What to produce
Could you filter the material and copy every line where the word "length" occurs?

(Source records Opens)

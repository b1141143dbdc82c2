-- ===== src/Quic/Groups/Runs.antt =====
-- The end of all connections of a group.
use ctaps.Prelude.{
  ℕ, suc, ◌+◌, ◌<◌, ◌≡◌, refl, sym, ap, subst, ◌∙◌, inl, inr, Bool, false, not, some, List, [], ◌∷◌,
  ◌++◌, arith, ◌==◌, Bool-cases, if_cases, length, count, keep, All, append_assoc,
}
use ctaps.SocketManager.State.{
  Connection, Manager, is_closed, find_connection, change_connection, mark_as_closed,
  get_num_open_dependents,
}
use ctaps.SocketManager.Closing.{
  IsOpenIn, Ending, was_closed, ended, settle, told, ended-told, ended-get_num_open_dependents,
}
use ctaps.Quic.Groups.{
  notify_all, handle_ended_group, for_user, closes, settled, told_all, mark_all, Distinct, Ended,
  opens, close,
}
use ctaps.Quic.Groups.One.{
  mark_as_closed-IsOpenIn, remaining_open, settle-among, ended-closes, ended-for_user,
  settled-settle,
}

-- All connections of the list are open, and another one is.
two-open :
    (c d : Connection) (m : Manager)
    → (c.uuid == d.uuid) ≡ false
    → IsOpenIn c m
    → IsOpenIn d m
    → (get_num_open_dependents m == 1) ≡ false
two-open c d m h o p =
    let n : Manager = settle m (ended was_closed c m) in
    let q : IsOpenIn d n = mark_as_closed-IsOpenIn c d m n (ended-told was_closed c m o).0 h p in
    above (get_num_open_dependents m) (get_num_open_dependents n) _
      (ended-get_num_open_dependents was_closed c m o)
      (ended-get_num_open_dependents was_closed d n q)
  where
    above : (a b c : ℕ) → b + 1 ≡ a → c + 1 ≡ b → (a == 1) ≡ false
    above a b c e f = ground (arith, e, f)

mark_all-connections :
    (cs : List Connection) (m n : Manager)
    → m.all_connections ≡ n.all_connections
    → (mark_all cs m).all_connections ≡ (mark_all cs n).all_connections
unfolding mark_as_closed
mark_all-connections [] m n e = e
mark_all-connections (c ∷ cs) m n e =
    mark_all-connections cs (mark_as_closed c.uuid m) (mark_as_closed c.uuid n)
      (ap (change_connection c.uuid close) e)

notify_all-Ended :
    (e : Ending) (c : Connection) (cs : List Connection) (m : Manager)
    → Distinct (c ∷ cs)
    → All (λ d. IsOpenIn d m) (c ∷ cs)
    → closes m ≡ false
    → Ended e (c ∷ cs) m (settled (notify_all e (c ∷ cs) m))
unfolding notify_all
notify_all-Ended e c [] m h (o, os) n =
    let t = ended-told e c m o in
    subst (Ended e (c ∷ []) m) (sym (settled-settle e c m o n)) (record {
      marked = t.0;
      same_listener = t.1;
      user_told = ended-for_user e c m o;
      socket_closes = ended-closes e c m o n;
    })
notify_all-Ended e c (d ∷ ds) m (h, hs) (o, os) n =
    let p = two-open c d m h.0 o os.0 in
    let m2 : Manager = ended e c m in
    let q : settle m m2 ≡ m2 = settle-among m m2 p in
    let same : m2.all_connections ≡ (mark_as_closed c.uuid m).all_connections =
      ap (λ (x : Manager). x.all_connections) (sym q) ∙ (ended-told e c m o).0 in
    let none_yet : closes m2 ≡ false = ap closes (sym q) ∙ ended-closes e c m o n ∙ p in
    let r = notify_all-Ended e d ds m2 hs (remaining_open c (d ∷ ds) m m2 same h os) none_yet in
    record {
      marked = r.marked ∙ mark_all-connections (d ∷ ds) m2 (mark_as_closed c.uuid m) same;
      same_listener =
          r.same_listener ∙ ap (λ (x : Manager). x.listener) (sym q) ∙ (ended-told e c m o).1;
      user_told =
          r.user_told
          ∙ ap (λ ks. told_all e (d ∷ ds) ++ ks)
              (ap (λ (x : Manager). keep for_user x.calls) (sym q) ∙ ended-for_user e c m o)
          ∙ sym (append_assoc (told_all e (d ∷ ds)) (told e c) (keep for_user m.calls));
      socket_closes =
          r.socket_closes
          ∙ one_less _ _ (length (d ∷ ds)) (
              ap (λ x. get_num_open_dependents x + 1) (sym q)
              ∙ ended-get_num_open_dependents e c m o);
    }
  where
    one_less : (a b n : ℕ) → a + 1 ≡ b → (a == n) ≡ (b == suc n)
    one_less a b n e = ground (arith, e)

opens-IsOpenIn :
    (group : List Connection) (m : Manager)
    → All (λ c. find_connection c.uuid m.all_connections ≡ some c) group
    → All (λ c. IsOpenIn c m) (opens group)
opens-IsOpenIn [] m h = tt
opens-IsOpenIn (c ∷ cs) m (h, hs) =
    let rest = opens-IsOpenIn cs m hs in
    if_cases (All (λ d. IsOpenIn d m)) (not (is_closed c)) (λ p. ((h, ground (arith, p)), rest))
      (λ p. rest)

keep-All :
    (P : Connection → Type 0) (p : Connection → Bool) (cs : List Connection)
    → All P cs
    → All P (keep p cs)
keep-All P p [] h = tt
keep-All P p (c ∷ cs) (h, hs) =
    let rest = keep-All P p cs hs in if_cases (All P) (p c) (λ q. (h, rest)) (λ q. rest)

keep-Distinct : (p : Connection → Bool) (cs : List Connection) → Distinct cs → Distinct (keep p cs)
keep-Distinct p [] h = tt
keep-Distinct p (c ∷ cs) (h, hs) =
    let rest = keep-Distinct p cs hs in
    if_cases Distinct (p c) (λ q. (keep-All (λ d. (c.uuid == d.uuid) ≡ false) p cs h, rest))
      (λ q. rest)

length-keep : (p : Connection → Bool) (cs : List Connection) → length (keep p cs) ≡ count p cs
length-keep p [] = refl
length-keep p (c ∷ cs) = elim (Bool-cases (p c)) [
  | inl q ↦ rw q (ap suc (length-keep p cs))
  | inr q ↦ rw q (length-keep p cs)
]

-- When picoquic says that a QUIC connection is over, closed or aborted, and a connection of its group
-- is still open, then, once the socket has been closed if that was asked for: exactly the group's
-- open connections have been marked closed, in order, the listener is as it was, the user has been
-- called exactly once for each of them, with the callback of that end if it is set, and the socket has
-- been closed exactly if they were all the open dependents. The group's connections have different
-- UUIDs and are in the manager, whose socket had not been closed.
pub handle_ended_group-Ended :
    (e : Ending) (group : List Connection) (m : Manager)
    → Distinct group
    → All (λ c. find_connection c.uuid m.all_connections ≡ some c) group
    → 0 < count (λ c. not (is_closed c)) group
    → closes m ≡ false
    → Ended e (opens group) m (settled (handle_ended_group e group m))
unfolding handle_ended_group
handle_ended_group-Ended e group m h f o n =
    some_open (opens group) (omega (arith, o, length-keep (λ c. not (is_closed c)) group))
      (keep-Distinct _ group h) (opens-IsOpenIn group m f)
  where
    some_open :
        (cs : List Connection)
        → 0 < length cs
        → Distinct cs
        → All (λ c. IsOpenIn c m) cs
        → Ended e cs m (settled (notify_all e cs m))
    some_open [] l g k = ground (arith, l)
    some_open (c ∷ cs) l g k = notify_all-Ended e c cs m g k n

(Source records Closes)

Solution to the problem
  ◌++◌, arith, ◌==◌, Bool-cases, if_cases, length, count, keep, All, append_assoc,
          ∙ one_less _ _ (length (d ∷ ds)) (
length-keep : (p : Connection → Bool) (cs : List Connection) → length (keep p cs) ≡ count p cs
length-keep p [] = refl
length-keep p (c ∷ cs) = elim (Bool-cases (p c)) [
  | inl q ↦ rw q (ap suc (length-keep p cs))
  | inr q ↦ rw q (length-keep p cs)
    some_open (opens group) (omega (arith, o, length-keep (λ c. not (is_closed c)) group))
        → 0 < length cs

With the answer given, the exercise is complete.